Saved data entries
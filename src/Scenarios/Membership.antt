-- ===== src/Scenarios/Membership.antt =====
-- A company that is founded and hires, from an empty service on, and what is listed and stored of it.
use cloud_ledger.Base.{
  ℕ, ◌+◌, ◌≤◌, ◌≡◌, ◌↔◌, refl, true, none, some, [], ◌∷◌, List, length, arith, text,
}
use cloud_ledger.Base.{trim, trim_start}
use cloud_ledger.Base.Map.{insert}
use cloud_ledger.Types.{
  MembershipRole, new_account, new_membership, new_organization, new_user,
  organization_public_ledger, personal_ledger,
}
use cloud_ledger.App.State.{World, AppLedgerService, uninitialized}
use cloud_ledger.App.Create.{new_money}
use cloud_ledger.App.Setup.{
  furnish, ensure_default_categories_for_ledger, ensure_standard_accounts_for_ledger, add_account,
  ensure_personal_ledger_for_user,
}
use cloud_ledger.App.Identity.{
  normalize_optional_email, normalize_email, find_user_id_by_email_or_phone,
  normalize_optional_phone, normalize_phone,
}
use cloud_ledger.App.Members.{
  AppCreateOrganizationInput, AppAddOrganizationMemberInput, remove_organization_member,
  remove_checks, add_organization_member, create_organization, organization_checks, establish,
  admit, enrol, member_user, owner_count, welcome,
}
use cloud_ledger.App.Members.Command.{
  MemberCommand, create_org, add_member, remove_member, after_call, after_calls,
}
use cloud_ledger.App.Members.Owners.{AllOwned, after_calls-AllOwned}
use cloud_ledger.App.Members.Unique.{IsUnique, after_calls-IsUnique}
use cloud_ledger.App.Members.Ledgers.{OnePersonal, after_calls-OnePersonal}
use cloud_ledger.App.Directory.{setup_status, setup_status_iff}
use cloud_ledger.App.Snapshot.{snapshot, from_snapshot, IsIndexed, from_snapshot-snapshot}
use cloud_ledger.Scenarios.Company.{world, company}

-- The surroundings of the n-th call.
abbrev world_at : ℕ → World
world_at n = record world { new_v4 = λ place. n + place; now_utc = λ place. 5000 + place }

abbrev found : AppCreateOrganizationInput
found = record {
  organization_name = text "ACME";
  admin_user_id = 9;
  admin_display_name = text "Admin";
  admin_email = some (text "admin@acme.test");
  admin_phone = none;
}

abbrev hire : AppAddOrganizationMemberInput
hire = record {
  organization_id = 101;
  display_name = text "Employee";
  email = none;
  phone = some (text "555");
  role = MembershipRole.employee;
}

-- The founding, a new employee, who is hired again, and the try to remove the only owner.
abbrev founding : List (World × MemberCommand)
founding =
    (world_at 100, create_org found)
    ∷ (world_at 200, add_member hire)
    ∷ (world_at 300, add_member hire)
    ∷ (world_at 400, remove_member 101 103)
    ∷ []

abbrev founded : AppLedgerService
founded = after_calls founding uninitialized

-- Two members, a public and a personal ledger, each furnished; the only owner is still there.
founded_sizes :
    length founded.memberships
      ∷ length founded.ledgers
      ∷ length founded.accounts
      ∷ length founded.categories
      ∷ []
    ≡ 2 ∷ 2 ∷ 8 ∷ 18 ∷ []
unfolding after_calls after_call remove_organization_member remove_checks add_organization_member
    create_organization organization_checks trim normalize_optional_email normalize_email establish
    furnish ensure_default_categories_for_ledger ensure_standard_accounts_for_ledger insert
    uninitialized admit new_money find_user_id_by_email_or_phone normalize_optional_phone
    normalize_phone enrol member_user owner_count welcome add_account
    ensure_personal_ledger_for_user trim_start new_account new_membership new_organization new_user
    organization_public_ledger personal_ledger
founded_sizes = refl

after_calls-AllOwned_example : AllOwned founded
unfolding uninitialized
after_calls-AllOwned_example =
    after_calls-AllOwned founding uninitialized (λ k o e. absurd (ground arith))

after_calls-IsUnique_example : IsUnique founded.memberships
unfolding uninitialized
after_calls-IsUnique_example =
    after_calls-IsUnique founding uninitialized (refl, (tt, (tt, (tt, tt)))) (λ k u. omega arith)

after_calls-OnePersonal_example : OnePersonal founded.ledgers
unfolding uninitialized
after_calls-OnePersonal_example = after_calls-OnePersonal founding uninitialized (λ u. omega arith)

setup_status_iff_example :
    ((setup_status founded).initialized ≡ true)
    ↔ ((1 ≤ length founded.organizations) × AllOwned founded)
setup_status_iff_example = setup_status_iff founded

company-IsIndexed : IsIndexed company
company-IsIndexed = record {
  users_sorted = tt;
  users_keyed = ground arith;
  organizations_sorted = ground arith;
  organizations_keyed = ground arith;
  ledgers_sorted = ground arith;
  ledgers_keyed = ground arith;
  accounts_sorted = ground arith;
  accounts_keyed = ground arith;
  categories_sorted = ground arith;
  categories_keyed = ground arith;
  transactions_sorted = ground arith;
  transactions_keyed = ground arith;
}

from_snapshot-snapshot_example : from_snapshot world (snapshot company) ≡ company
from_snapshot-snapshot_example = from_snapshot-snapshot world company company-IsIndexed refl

### Exercise goal
Out of the entries, report each line that contains the word "text".

### Response for this exercise
  ℕ, ◌+◌, ◌≤◌, ◌≡◌, ◌↔◌, refl, true, none, some, [], ◌∷◌, List, length, arith, text,
  organization_name = text "ACME";
  admin_display_name = text "Admin";
  admin_email = some (text "admin@acme.test");
  display_name = text "Employee";
  phone = some (text "555");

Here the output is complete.